(Saved data entries)

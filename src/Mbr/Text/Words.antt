-- ===== src/Mbr/Text/Words.antt =====
-- copyWordEndianString of hdmbr/mbr.c, and the readers that trim what it copies.
use c_modules.Base.{
  ℕ, zero, suc, ◌+◌, ◌*◌, ◌<◌, ◌≤◌, ◌≡◌, ◌⊎◌, refl, ◌∙◌, Memory, write, arith, ap, some, List,
  length, IsCString, Holds,
}
use c_modules.Mbr.Text.{copy_words, copy_word_endian_string, read_text}
use c_modules.Mbr.Text.Trim.{IsTrimmed, string_trim_space-IsTrimmed}

copy_words-outside :
    (n d s : ℕ) (source dest : Memory) (q : ℕ)
    → (q < d) ⊎ (d + 2 * n ≤ q)
    → copy_words n d s source dest q ≡ dest q
unfolding copy_words
copy_words-outside zero d s source dest q out = refl
copy_words-outside (suc n) d s source dest q out =
    copy_words-outside n (d + 2) (s + 2) source
      (write (write dest d (source (s + 1))) (d + 1) (source s)) q (omega arith)
    ∙ ground arith

-- Word `k` of the source stands at `u`, and at `p` in the destination.
copy_words-swapped :
    (n d s : ℕ) (source dest : Memory) (k p u : ℕ)
    → k < n
    → d + 2 * k ≡ p
    → s + 2 * k ≡ u
    → (copy_words n d s source dest p ≡ source (u + 1))
      × (copy_words n d s source dest (p + 1) ≡ source u)
unfolding copy_words
copy_words-swapped zero d s source dest k p u lt at from = absurd (omega arith)
copy_words-swapped (suc n) d s source dest zero p u lt at from =
    let m = write (write dest d (source (s + 1))) (d + 1) (source s) in
    (
      copy_words-outside n (d + 2) (s + 2) source m p (omega arith) ∙ ground arith,
      copy_words-outside n (d + 2) (s + 2) source m (p + 1) (omega arith) ∙ ground arith,
    )
copy_words-swapped (suc n) d s source dest (suc k) p u lt at from =
    copy_words-swapped n (d + 2) (s + 2) source
      (write (write dest d (source (s + 1))) (d + 1) (source s)) k p u (omega arith) (omega arith)
      (omega arith)

-- Each of the `len` words arrives with its two bytes exchanged, a NUL follows them, and no other
-- byte of the destination changes.
pub copy_word_endian_string_lem :
    (dest source : Memory) (len : ℕ)
    → ((k : ℕ)
        → k < len
        → (copy_word_endian_string dest source len (2 * k) ≡ source (2 * k + 1))
          × (copy_word_endian_string dest source len (2 * k + 1) ≡ source (2 * k)))
      × (copy_word_endian_string dest source len (2 * len) ≡ 0)
      × ((q : ℕ) → 2 * len < q → copy_word_endian_string dest source len q ≡ dest q)
unfolding copy_word_endian_string
copy_word_endian_string_lem dest source len = (
  λ k lt.
      let w =
        copy_words-swapped len 0 0 source dest k (2 * k) (2 * k) lt (omega arith) (omega arith) in
      (ground arith, ground arith),
  ground arith,
  λ q lt. let o = copy_words-outside len 0 0 source dest q (omega arith) in ground arith,
)

-- readModeName, readSerialNumber and readFwVer: where the exchanged words hold a C string `s`, the
-- name receives `s` without the spaces around it.
read_text-IsTrimmed :
    (fuel start len : ℕ) (name words : Memory) (s : List ℕ)
    → Holds (copy_word_endian_string name (λ p. words (2 * start + p)) len) 0 s
    → IsCString s
    → length s ≡ 2 * len
    → 2 * len < fuel
    → (after : Memory) × (read_text fuel start len name words ≡ some after)
      × IsTrimmed s (copy_word_endian_string name (λ p. words (2 * start + p)) len) after
unfolding read_text
read_text-IsTrimmed fuel start len name words s h ok size enough =
    let copied = copy_word_endian_string name (λ p. words (2 * start + p)) len in
    string_trim_space-IsTrimmed copied s h ok
      (ap copied size ∙ (copy_word_endian_string_lem name (λ p. words (2 * start + p)) len).1) fuel
      (omega arith)
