-- ===== src/Mbr/Tool/Fields.antt =====
-- The texts that hdmbr/main.c prints of the fields of the identify block.
use c_modules.Base.{
  ℕ, zero, suc, ◌+◌, ◌*◌, ◌<◌, ◌≤◌, ◌≡◌, refl, ap, ◌∙◌, sym, arith, some, List, [], ◌∷◌, ◌++◌,
  length, length-append, Memory, Holds, IsCString, All, IsPlain, ne→==, eq→==,
}
use mathlib.Core.Path.{subst}
use c_modules.Mbr.Text.{copy_word_endian_string}
use c_modules.Mbr.Text.Trim.{spaces, IsTrimOf, string_trim_space-IsTrimmed}
use c_modules.Mbr.Text.Words.{copy_word_endian_string_lem}
use c_modules.Mbr.Tool.{printed_string, printed_trimmed, show_field}

-- The characters of `len` words: the second byte of each stands first.
unfoldable pub exchanged : (source : Memory) → (at len : ℕ) → List ℕ
exchanged source at zero = []
exchanged source at (suc len) = source (at + 1) ∷ source at ∷ exchanged source (at + 2) len

length-exchanged : (source : Memory) (at len : ℕ) → length (exchanged source at len) ≡ 2 * len
unfolding exchanged
length-exchanged source at zero = refl
length-exchanged source at (suc len) = omega (arith, length-exchanged source (at + 2) len)

-- A memory that has the words exchanged holds these characters.
Holds-exchanged :
    (m source : Memory) (at len : ℕ)
    → ((k : ℕ)
        → k < len
        → (m (at + 2 * k) ≡ source (at + 2 * k + 1)) × (m (at + 2 * k + 1) ≡ source (at + 2 * k)))
    → Holds m at (exchanged source at len)
unfolding exchanged
Holds-exchanged m source at zero words = _
Holds-exchanged m source at (suc len) words =
    let a : at + 2 * 0 ≡ at = omega arith in
    let (low, high) = words 0 (omega arith) in
    (
      ap m (sym a) ∙ low ∙ ap (λ q. source (q + 1)) a,
      (
        ap (λ q. m (q + 1)) (sym a) ∙ high ∙ ap source a,
        subst (λ q. Holds m q (exchanged source (at + 2) len)) {x = at + 2} {y = at + 1 + 1}
            (omega arith)
            (Holds-exchanged m source (at + 2) len (λ k lt.
              let b : at + 2 * suc k ≡ at + 2 + 2 * k = omega arith in
              let (low', high') = words (suc k) (omega arith) in
              (
                ap m (sym b) ∙ low' ∙ ap (λ q. source (q + 1)) b,
                ap (λ q. m (q + 1)) (sym b) ∙ high' ∙ ap source b,
              ))),
      ),
    )

-- A text with a NUL behind it is printed.
printed_string-Holds :
    (fuel : ℕ) (m : Memory) (at : ℕ) (text : List ℕ)
    → IsPlain text
    → Holds m at text
    → m (at + length text) ≡ 0
    → length text < fuel
    → printed_string fuel m at ≡ some text
unfolding printed_string
printed_string-Holds zero m at text plain h nul enough = absurd (omega arith)
printed_string-Holds (suc fuel) m at [] plain h nul enough =
    let e : at ≡ at + 0 = omega arith in rw (eq→== (m at) 0 (ap m e ∙ nul)) refl
printed_string-Holds (suc fuel) m at (c ∷ text) plain h nul enough =
    let e : at + 1 + length text ≡ at + suc (length text) = omega arith in
    let rest = printed_string-Holds fuel m (at + 1) text plain.1 h.1 (ap m e ∙ nul) (omega arith) in
    rw (ne→== (m at) 0 (λ z. plain.0 (sym h.0 ∙ z)), rest) (ap (λ b. some (b ∷ text)) h.0)

module _ (P : ℕ → Type 0) where
  All-left : (xs ys : List ℕ) → All P (xs ++ ys) → All P xs
  All-left [] ys h = _
  All-left (x ∷ xs) ys h = (h.0, All-left xs ys h.1)

  All-right : (xs ys : List ℕ) → All P (xs ++ ys) → All P ys
  All-right [] ys h = h
  All-right (x ∷ xs) ys h = All-right xs ys h.1

abbrev IsByte : ℕ → Type 0
IsByte c = (0 < c) × (c < 256)

IsCString-IsPlain : (s : List ℕ) → IsCString s → IsPlain s
IsCString-IsPlain [] h = _
IsCString-IsPlain (c ∷ s) h = (omega (arith, h.0.0), IsCString-IsPlain s h.1)

trim-IsPlain : (s mid : List ℕ) → IsCString s → IsTrimOf s mid → IsPlain mid
trim-IsPlain s mid h t = IsCString-IsPlain mid (
    All-left IsByte mid (spaces t.rear)
      (All-right IsByte (spaces t.front) (mid ++ spaces t.rear) (subst IsCString t.split h)))

length-trim : (s mid : List ℕ) → IsTrimOf s mid → length mid ≤ length s
length-trim s mid t = omega (
  arith,
  ap length t.split,
  length-append (spaces t.front) (mid ++ spaces t.rear),
  length-append mid (spaces t.rear),
)

-- A field whose characters are not NUL is printed without the spaces around them.
pub show_field-IsTrimOf :
    (fuel : ℕ) (buffer source : Memory) (len : ℕ)
    → IsCString (exchanged source 0 len)
    → 2 * len < fuel
    → (mid : List ℕ) × (show_field fuel buffer source len ≡ some mid)
      × IsTrimOf (exchanged source 0 len) mid
unfolding show_field printed_trimmed
show_field-IsTrimOf fuel buffer source len ok enough =
    let s = exchanged source 0 len in
    let copied = copy_word_endian_string buffer source len in
    let (words, nul, behind) = copy_word_endian_string_lem buffer source len in
    let size = length-exchanged source 0 len in
    let holds = Holds-exchanged copied source 0 len (λ k lt.
      subst (λ q. (copied q ≡ source (q + 1)) × (copied (q + 1) ≡ source q)) {x = 2 * k}
        {y = 0 + 2 * k} (omega arith) (words k lt)) in
    let (after, e, t) =
      string_trim_space-IsTrimmed copied s holds ok (ap copied size ∙ nul) fuel
        (omega (arith, size)) in
    (
      t.mid,
      ap (printed_trimmed fuel) e
          ∙ printed_string-Holds fuel after 0 t.mid (trim-IsPlain s t.mid ok t.trim) t.text
              (let z : 0 + length t.mid ≡ length t.mid = omega arith in ap after z ∙ t.nul)
              (omega (arith, length-trim s t.mid t.trim, size)),
      t.trim,
    )
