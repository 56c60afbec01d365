-- ===== src/Mbr/Tool/Report.antt =====
-- What hdmbr/main.c prints where readMBR returns 0.
use mathlib.Core.Path.{subst}
use c_modules.Base.{
  sym, ℕ, ◌*◌, ◌/◌, ◌%◌, ◌^◌, ◌<◌, ◌≡◌, refl, arith, some, List, ◌++◌, Memory, codes, IsCString,
}
use c_modules.Base.Decimal.{decimal}
use c_modules.Mbr.Text.Trim.{IsTrimOf}
use c_modules.Mbr.Capacity.{AtaIdentifyDevice, get_num_sectors, determine_capacity}
use c_modules.Mbr.Identify.{DiskDriver, read_mbr}
use c_modules.Mbr.Tool.{newdata, show_disk, size_text, ToolRun, report, after_mbr, disk_tool}
use c_modules.Mbr.Tool.Fields.{exchanged, show_field-IsTrimOf}

-- Fields without a NUL in them.
pub record IsPrintable (drive : AtaIdentifyDevice) : Type 0 where
  pub model : IsCString (exchanged drive.model 0 20)
  pub serial_no : IsCString (exchanged drive.serial_no 0 10)
  pub fw_rev : IsCString (exchanged drive.fw_rev 0 4)

-- The model, the serial number and the firmware of a drive as the words have them, without the spaces
-- around them, and its bytes in units of 10^9.
pub record Prints (drive : AtaIdentifyDevice) (run : ToolRun) : Type 0 where
  pub mode_name : List ℕ
  pub serial_number : List ℕ
  pub fw : List ℕ
  pub printed :
      run
      ≡ report
          (some mode_name)
          (some serial_number)
          (some fw)
          (decimal 20 (get_num_sectors drive * 512 % 2 ^ 64 / 1000000000) ++ codes "Gbytes")
  pub mode_name_trim : IsTrimOf (exchanged drive.model 0 20) mode_name
  pub serial_number_trim : IsTrimOf (exchanged drive.serial_no 0 10) serial_number
  pub fw_trim : IsTrimOf (exchanged drive.fw_rev 0 4) fw

show_disk-Prints :
    (fuel : ℕ) (mode_name serial_number : Memory) (drive : AtaIdentifyDevice)
    → 40 < fuel
    → IsPrintable drive
    → Prints drive (show_disk fuel mode_name serial_number drive)
unfolding show_disk size_text determine_capacity
show_disk-Prints fuel mode_name serial_number drive enough ok =
    let (m, em, tm) = show_field-IsTrimOf fuel mode_name drive.model 20 ok.model (omega arith) in
    let (s, es, ts) =
      show_field-IsTrimOf fuel serial_number drive.serial_no 10 ok.serial_no (omega arith) in
    let (f, ef, tf) =
      show_field-IsTrimOf fuel serial_number drive.fw_rev 4 ok.fw_rev (omega arith) in
    record {
      mode_name = m;
      serial_number = s;
      fw = f;
      printed = rw (em, es, ef) refl;
      mode_name_trim = tm;
      serial_number_trim = ts;
      fw_trim = tf;
    }

-- Where readMBR returns 0 with a block whose texts have no NUL, and with fuel above 40, the program
-- prints the model, the serial number and the firmware with the bytes of each word exchanged and
-- without the spaces around them, and the capacity in units of 10^9 bytes.
pub disk_tool-Prints :
    {S : Type 0} (driver : DiskDriver S) (fuel : ℕ) (mode_name serial_number block : Memory) (s : S)
    → (let r = read_mbr driver (codes "/dev/sda") block s in
        r.result ≡ 0
        → 40 < fuel
        → IsPrintable (newdata r.block)
        → Prints (newdata r.block) (disk_tool driver fuel mode_name serial_number block s))
unfolding disk_tool after_mbr
disk_tool-Prints driver fuel mode_name serial_number block s returned enough ok =
    let r = read_mbr driver (codes "/dev/sda") block s in
    subst (λ n. Prints (newdata r.block) (after_mbr fuel mode_name serial_number n r.block))
      (sym returned) (show_disk-Prints fuel mode_name serial_number (newdata r.block) enough ok)
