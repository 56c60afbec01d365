-- ===== src/Mbr/Examples.antt =====
-- Runs of the disk code, and its theorems at a concrete disk.
use c_modules.Base.{
  ◌%◌, if◌then◌else◌, false, ℕ, ◌+◌, ◌*◌, ◌==◌, ◌≡◌, refl, some, List, [], ◌∷◌, Memory, write,
  arith, codes, Holds, IsCString,
}
use c_modules.Mbr.Text.{string_trim_space, copy_word_endian_string, copy_words}
use c_modules.Mbr.Text.Trim.{IsTrimmed, string_trim_space-IsTrimmed}
use c_modules.Base.Decimal.{decimal}
use c_modules.Mbr.Capacity.{
  AtaIdentifyDevice, get_num_sectors, determine_capacity, print_groups, group_text, decimal3,
}
use c_modules.Mbr.Tool.{newdata, disk_tool}
use c_modules.Mbr.Tool.Fields.{exchanged}
use c_modules.Mbr.Tool.Report.{IsPrintable, Prints, disk_tool-Prints}
use c_modules.Mbr.Identify.{DiskDriver, read_mbr, read_packet, delivered, start_args}
use c_modules.Mbr.Capacity.Printed.{read_text, determine_capacity-read}
use c_modules.Mbr.Capacity.Sectors.{Is16Bit, sector_count, get_num_sectors-sector_count}

-- The text " ab " in a buffer.
abbrev padded : List ℕ
padded = 0x20 ∷ 0x61 ∷ 0x62 ∷ 0x20 ∷ []

abbrev buffer : Memory
buffer = write (write (write (write (λ _. 0) 0 0x20) 1 0x61) 2 0x62) 3 0x20

buffer-Holds : Holds buffer 0 padded
buffer-Holds = (refl, (refl, (refl, (refl, tt))))

padded-IsCString : IsCString padded
padded-IsCString = (
  (omega arith, omega arith),
  ((omega arith, omega arith), ((omega arith, omega arith), ((omega arith, omega arith), tt))),
)

string_trim_space-IsTrimmed_example :
    (after : Memory) × (string_trim_space 5 buffer ≡ some after) × IsTrimmed padded buffer after
string_trim_space-IsTrimmed_example =
    string_trim_space-IsTrimmed buffer padded buffer-Holds padded-IsCString refl 5 (omega arith)

-- A block of words whose firmware text is "1.02    " with the bytes of each word exchanged.
abbrev firmware : List ℕ
firmware = codes "1.02    "

abbrev block : Memory
block =
    write
      (write
        (write
          (write (write (write (write (write (λ _. 0) 46 0x2E) 47 0x31) 48 0x32) 49 0x30) 50 0x20)
          51 0x20)
        52 0x20)
      53 0x20

block-Holds : Holds (copy_word_endian_string (λ _. 0xFF) (λ p. block (2 * 23 + p)) 4) 0 firmware
unfolding copy_word_endian_string copy_words
block-Holds = (refl, (refl, (refl, (refl, (refl, (refl, (refl, (refl, tt))))))))

firmware-IsCString : IsCString firmware
firmware-IsCString = (
  (omega arith, omega arith),
  (
    (omega arith, omega arith),
    (
      (omega arith, omega arith),
      (
        (omega arith, omega arith),
        (
          (omega arith, omega arith),
          (
            (omega arith, omega arith),
            ((omega arith, omega arith), ((omega arith, omega arith), tt)),
          ),
        ),
      ),
    ),
  ),
)

-- A disk with 500118192 sectors in the 48-bit words and the largest count in the 28-bit words.
abbrev words_low : ℕ → ℕ
words_low = write (write (write (λ _. 0) 2 0x0200) 13 0xFFFF) 14 0x0FFF

abbrev words_high : ℕ → ℕ
words_high = write (write (λ _. 0) 12 0x6030) 13 0x1DCF

abbrev disk : AtaIdentifyDevice
disk = record {
  serial_no = λ _. 0x20;
  fw_rev = λ _. 0x20;
  model = λ _. 0x20;
  words047_079 = words_low;
  command_set_2 = 0x4400;
  words088_255 = words_high;
}

disk-Is16Bit : Is16Bit disk
disk-Is16Bit = record {
  low = λ k. ground arith;
  high = λ k. ground arith;
  command_set = omega arith;
}

get_num_sectors-sector_count_example : get_num_sectors disk ≡ sector_count disk
get_num_sectors-sector_count_example = get_num_sectors-sector_count disk disk-Is16Bit

determine_capacity-read_example :
    read_text (determine_capacity disk).text ≡ some (determine_capacity disk).bytes
determine_capacity-read_example = determine_capacity-read disk

disk_sectors : sector_count disk ≡ 500129840
unfolding sector_count
disk_sectors = refl

disk_text : print_groups 7 false 1234567890 (1000000000 * 1000000000) ≡ codes "1,234,567,890"
unfolding print_groups group_text decimal3 decimal
disk_text = refl

-- A kernel whose disk refuses the first command and answers the second.
abbrev kernel : DiskDriver ℕ
kernel = record {
  win_identify = 0xEC;
  win_pidentify = 0xA1;
  open_device = λ s name. (some 3, s);
  drive_cmd = λ s fd args. record { state = s + 1; failed = args 0 == 0xEC; args = λ q. 7 };
  close_device = λ s fd. s + 1;
  errno = λ s. 5;
}

kernel_answer : (read_mbr kernel (codes "/dev/sda") (λ _. 1) 0).block 511 ≡ 7
unfolding read_mbr read_packet delivered start_args
kernel_answer = refl

-- A kernel whose disk answers with words of a space and an A.
abbrev labelled : DiskDriver ℕ
labelled = record {
  win_identify = 0xEC;
  win_pidentify = 0xA1;
  open_device = λ s name. (some 3, s);
  drive_cmd = λ s fd args. record {
    state = s + 1;
    failed = false;
    args = λ q. if q % 2 == 0 then 0x41 else 0x20;
  };
  close_device = λ s fd. s + 1;
  errno = λ s. 5;
}

abbrev labels : Memory
labels = (read_mbr labelled (codes "/dev/sda") (λ _. 0) 0).block

labels-IsPrintable : IsPrintable (newdata labels)
unfolding read_mbr delivered newdata exchanged
labels-IsPrintable = record {
  model = ground arith;
  serial_no = ground arith;
  fw_rev = ground arith;
}

disk_tool-Prints_example :
    Prints (newdata labels) (disk_tool labelled 41 (λ _. 0) (λ _. 0) (λ _. 0) 0)
unfolding read_mbr delivered
disk_tool-Prints_example =
    disk_tool-Prints labelled 41 (λ _. 0) (λ _. 0) (λ _. 0) 0 refl (omega arith) labels-IsPrintable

_Task to complete_: An exact copy of the lines above, from the one containing "copy_words-swapped (suc n) d s source dest (suc" down to the one containing "source (2 * k + 1))" and including both, is the whole answer; retype it and nothing else.

_Result of the exercise_:
copy_words-swapped (suc n) d s source dest (suc k) p u lt at from =
    copy_words-swapped n (d + 2) (s + 2) source
      (write (write dest d (source (s + 1))) (d + 1) (source s)) k p u (omega arith) (omega arith)
      (omega arith)

-- Each of the `len` words arrives with its two bytes exchanged, a NUL follows them, and no other
-- byte of the destination changes.
pub copy_word_endian_string_lem :
    (dest source : Memory) (len : ℕ)
    → ((k : ℕ)
        → k < len
        → (copy_word_endian_string dest source len (2 * k) ≡ source (2 * k + 1))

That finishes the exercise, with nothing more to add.